Please say how many lines in the records below contain the word "completed", giving the number alone.

---

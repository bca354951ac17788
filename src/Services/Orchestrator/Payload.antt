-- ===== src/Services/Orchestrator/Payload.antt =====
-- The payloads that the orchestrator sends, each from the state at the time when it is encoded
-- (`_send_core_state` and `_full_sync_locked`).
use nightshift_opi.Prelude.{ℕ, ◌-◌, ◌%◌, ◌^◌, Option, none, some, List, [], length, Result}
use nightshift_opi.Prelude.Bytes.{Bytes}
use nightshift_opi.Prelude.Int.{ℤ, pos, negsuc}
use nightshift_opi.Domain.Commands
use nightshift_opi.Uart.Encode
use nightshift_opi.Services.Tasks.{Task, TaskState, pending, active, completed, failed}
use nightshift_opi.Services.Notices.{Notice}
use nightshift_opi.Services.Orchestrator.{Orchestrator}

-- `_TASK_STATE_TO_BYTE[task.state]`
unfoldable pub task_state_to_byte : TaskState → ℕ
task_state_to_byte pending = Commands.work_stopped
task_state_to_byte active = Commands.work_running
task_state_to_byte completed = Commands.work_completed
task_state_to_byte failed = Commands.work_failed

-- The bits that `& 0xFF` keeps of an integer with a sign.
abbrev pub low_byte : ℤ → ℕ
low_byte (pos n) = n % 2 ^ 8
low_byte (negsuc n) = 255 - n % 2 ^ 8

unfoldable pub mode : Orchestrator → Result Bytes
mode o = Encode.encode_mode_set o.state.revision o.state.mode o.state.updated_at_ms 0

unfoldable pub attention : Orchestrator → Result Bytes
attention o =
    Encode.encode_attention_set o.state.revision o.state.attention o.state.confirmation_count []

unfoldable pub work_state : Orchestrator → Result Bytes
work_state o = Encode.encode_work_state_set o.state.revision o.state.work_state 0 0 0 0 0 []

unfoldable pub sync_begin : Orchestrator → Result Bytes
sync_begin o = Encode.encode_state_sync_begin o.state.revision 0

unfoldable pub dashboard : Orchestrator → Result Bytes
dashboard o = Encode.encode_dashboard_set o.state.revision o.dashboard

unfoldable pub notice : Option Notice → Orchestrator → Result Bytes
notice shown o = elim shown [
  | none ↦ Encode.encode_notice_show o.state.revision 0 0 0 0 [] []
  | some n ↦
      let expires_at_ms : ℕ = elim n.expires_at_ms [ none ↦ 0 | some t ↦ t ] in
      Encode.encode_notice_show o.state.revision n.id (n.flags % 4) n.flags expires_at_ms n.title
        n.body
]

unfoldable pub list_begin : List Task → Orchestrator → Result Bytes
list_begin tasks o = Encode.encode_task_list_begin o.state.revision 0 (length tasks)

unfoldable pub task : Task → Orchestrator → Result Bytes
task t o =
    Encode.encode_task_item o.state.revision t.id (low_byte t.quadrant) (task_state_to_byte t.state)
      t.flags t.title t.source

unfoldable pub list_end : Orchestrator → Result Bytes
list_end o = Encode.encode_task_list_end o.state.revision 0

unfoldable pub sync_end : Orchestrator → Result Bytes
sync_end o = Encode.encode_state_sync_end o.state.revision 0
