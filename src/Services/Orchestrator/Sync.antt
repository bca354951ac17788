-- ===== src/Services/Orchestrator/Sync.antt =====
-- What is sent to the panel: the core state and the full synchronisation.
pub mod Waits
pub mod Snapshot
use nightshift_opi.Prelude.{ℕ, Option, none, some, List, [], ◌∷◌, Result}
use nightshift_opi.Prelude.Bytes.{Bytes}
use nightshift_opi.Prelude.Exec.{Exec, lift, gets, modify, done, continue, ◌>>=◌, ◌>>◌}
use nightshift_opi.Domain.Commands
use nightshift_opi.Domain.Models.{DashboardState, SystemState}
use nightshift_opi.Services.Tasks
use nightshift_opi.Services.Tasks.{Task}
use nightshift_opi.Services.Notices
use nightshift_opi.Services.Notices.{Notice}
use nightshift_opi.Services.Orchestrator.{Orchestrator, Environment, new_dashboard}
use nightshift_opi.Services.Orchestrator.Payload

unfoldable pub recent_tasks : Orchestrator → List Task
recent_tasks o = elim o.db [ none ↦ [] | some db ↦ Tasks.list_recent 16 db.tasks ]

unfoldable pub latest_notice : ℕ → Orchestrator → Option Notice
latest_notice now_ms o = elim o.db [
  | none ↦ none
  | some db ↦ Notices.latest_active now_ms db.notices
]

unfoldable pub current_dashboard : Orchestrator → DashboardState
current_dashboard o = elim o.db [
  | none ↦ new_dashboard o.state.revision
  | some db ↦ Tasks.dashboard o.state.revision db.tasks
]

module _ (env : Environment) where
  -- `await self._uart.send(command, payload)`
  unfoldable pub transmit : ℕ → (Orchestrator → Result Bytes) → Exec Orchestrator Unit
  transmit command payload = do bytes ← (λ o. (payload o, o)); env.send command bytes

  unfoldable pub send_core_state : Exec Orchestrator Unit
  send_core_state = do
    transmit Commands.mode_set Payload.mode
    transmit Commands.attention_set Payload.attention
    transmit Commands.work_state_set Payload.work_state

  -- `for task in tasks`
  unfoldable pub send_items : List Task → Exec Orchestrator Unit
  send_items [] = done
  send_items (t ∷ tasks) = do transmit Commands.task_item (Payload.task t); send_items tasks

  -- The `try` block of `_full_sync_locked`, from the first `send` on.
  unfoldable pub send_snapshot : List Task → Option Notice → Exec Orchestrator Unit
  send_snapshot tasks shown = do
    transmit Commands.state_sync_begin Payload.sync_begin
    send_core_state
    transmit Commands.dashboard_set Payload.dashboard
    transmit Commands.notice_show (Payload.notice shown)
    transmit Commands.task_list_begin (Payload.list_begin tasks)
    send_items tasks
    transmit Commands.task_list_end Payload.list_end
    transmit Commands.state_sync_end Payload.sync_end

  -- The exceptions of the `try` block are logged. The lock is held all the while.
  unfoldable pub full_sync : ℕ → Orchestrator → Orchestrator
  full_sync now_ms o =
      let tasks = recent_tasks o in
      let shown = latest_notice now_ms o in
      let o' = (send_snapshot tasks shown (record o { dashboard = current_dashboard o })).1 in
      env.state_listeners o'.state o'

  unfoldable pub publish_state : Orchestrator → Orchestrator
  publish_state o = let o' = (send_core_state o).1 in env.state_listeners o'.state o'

---

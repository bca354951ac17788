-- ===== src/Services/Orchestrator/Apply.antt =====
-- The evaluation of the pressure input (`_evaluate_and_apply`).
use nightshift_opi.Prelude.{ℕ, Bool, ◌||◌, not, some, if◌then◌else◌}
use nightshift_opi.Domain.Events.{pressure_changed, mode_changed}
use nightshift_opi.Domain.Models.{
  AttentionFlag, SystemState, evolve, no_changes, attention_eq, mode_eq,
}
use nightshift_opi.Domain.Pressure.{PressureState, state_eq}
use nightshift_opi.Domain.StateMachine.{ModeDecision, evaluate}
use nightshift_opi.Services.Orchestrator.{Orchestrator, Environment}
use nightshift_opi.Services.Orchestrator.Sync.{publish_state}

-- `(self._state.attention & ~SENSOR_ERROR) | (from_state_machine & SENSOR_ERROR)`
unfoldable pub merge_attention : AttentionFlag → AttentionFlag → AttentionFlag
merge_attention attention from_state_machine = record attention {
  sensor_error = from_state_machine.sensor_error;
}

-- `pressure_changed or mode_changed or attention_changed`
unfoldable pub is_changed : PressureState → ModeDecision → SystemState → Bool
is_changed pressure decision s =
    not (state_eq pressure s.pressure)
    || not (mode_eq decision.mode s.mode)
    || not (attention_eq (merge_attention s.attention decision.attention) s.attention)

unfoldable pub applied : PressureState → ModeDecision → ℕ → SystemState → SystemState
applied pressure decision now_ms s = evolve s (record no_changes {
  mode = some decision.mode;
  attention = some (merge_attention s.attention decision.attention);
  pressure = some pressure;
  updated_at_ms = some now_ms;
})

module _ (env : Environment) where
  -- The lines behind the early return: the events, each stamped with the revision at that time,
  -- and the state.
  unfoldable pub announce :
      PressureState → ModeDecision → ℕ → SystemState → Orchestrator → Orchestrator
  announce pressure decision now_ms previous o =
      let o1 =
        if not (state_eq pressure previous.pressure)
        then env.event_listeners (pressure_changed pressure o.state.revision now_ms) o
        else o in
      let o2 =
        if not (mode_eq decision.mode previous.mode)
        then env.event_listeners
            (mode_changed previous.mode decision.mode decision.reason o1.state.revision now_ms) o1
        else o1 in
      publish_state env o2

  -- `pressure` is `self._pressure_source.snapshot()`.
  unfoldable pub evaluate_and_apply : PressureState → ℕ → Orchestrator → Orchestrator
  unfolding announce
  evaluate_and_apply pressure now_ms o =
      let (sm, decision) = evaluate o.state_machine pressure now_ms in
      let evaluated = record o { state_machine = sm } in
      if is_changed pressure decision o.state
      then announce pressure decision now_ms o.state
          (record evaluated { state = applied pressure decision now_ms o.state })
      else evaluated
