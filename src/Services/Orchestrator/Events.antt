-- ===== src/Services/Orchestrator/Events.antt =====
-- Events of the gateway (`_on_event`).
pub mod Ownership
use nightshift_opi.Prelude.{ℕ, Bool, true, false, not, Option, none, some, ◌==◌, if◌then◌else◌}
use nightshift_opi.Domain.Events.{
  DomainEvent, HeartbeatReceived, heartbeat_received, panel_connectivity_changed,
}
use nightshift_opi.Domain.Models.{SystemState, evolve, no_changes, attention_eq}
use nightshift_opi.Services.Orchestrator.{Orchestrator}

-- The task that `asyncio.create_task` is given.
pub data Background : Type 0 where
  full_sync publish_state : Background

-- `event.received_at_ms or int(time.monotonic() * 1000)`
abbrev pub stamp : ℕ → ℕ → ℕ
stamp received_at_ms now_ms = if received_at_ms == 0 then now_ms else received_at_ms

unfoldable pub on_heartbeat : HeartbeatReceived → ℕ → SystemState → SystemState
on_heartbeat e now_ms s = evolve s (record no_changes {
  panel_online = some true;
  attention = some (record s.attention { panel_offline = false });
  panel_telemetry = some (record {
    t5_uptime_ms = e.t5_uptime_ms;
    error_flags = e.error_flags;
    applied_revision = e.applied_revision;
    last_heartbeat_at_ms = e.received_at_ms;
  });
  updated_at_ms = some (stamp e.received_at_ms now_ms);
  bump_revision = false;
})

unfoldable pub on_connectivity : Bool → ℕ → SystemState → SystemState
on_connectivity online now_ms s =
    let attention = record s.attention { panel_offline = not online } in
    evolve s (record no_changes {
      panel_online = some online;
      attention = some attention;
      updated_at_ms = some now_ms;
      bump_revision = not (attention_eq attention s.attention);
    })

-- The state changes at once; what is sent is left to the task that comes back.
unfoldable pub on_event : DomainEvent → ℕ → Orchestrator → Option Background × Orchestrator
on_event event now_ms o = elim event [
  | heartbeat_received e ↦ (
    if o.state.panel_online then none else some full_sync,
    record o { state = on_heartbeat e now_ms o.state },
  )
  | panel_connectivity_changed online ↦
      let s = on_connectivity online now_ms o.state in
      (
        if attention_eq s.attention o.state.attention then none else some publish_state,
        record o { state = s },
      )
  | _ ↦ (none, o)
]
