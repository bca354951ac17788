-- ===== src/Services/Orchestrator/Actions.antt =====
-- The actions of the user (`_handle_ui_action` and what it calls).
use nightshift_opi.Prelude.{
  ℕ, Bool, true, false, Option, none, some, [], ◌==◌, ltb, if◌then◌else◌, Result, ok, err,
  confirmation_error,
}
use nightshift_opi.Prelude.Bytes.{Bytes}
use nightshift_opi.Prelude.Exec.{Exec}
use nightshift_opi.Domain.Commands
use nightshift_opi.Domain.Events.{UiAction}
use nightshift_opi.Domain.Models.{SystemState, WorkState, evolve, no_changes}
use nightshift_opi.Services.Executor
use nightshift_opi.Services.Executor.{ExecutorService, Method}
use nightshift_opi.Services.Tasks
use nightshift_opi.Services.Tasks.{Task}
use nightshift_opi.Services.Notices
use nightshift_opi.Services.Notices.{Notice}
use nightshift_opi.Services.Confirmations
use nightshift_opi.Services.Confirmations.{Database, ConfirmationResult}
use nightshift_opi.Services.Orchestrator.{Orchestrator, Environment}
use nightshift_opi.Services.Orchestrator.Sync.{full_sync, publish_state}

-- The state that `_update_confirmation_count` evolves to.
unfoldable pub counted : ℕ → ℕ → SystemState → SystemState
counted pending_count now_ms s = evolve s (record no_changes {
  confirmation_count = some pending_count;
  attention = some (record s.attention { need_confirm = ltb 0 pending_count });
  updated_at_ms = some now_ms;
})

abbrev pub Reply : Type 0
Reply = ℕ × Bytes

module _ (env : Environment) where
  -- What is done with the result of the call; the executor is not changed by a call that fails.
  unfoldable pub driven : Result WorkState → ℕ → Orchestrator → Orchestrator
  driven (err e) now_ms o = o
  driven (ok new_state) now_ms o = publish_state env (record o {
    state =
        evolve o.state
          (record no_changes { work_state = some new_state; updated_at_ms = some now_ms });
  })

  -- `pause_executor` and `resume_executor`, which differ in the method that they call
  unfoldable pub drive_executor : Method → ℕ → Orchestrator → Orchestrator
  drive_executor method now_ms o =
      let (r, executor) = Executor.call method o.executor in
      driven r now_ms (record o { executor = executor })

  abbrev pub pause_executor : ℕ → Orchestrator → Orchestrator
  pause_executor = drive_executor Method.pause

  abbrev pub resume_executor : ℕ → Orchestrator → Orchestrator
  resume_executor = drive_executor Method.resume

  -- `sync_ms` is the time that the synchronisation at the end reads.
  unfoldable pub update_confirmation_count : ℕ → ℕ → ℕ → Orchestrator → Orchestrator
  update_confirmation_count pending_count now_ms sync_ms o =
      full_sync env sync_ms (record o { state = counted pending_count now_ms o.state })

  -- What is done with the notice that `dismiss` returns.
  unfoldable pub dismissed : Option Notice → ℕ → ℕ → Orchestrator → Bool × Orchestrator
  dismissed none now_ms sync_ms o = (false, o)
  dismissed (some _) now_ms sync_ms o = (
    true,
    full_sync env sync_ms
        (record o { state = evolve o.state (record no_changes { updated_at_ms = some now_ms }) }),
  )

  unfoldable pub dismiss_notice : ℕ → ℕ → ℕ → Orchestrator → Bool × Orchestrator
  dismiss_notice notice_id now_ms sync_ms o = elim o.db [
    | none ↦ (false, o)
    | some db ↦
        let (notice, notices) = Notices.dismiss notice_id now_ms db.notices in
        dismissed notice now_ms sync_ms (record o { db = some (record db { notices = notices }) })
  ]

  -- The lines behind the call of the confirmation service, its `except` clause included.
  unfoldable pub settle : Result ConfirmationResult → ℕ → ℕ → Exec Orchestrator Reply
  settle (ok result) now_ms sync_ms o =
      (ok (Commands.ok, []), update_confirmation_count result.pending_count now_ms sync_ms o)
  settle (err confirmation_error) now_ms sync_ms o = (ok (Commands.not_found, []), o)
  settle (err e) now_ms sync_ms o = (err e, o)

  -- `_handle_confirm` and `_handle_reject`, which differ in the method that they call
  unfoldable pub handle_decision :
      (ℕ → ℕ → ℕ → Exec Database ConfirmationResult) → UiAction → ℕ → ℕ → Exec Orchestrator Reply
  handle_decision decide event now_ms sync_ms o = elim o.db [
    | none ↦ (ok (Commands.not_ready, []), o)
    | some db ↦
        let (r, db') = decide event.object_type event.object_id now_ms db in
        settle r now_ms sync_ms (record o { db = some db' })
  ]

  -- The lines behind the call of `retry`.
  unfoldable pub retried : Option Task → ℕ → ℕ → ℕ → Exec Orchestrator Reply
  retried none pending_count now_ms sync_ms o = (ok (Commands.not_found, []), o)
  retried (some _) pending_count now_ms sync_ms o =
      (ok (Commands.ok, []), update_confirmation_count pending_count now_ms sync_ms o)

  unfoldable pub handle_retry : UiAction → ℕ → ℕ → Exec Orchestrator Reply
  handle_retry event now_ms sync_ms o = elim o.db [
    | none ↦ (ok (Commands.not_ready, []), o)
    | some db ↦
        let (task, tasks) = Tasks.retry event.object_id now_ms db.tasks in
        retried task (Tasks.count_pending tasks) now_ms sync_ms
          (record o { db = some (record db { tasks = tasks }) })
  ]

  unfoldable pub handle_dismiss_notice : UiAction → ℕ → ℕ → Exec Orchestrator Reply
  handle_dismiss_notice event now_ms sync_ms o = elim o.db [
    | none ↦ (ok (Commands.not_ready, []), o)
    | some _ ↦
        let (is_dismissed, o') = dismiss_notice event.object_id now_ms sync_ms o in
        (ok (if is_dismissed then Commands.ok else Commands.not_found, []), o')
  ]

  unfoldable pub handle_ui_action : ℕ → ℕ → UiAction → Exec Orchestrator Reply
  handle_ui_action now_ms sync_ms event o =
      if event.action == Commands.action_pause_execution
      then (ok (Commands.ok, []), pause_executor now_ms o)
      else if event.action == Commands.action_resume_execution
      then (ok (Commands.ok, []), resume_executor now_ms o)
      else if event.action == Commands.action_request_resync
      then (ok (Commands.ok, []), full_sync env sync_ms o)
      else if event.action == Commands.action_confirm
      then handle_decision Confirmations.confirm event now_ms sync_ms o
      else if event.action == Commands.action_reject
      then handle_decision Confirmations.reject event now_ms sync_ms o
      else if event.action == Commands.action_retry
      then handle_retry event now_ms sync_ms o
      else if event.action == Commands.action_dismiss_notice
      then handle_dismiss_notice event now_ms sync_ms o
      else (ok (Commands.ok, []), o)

---

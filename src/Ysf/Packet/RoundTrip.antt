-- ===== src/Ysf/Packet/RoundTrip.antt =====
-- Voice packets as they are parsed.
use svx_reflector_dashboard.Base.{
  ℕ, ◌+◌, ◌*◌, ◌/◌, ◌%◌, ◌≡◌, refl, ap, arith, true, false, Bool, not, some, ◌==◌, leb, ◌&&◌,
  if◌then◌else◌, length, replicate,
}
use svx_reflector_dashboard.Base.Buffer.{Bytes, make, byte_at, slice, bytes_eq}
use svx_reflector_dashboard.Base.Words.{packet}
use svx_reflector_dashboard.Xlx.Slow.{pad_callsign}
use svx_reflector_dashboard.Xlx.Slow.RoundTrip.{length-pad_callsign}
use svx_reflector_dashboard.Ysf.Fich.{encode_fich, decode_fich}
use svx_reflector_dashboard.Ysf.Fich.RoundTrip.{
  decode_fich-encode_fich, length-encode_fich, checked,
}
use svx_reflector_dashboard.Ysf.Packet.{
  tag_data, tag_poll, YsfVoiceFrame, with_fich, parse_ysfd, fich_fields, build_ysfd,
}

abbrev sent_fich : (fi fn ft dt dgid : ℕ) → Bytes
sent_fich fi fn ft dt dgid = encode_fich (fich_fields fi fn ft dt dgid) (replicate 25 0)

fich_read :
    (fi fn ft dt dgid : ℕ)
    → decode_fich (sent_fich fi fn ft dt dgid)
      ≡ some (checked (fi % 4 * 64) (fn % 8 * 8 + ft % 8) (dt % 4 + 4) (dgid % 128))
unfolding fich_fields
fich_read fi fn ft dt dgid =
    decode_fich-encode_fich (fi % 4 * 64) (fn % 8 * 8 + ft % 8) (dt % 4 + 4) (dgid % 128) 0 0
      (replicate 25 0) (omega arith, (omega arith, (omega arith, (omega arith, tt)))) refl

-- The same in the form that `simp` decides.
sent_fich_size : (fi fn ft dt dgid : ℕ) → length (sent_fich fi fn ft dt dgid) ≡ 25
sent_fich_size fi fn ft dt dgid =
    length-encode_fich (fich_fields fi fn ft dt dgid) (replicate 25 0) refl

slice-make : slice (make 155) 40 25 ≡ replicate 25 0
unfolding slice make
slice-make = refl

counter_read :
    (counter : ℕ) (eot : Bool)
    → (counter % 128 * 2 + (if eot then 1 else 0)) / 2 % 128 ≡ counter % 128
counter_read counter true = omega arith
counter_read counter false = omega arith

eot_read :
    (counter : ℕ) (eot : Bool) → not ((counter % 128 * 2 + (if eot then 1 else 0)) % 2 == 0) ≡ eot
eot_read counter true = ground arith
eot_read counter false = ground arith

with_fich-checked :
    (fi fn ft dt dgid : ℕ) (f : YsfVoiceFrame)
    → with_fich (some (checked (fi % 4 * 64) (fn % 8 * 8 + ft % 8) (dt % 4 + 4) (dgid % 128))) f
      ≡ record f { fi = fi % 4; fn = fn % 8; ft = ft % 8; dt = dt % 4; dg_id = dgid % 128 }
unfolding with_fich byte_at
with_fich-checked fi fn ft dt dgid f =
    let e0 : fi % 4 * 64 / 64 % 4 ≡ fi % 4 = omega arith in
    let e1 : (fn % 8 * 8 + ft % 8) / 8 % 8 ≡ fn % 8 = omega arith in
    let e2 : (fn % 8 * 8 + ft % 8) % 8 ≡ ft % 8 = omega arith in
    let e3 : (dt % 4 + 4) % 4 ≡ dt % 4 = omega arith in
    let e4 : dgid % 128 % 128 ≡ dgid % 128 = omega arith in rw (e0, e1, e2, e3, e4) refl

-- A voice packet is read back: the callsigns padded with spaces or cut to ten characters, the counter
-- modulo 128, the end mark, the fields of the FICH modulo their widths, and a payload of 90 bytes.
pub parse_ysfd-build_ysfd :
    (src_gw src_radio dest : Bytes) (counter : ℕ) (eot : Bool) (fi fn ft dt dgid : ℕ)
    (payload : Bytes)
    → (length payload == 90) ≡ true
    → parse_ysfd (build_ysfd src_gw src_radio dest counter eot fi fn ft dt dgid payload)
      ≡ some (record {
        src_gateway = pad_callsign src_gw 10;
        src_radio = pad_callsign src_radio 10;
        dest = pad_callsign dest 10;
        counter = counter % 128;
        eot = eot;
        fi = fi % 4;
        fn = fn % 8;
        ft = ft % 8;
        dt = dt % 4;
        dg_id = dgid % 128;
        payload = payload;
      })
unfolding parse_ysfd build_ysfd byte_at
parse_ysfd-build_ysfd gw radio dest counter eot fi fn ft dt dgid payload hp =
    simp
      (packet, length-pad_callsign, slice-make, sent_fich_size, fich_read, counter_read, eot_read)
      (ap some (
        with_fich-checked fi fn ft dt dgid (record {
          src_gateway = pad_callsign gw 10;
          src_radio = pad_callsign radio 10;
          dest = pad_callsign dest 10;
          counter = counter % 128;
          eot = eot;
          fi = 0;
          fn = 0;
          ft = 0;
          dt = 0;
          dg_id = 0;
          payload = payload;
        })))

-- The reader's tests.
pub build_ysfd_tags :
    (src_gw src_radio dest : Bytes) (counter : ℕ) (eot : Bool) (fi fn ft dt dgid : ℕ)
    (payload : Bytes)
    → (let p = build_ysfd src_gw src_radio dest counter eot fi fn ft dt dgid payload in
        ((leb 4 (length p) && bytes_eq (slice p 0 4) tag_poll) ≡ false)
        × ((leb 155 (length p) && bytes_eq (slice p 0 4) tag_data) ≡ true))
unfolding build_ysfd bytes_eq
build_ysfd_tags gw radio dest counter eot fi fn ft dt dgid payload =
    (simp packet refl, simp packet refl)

---

# OUTPUT OF THE EXERCISE
2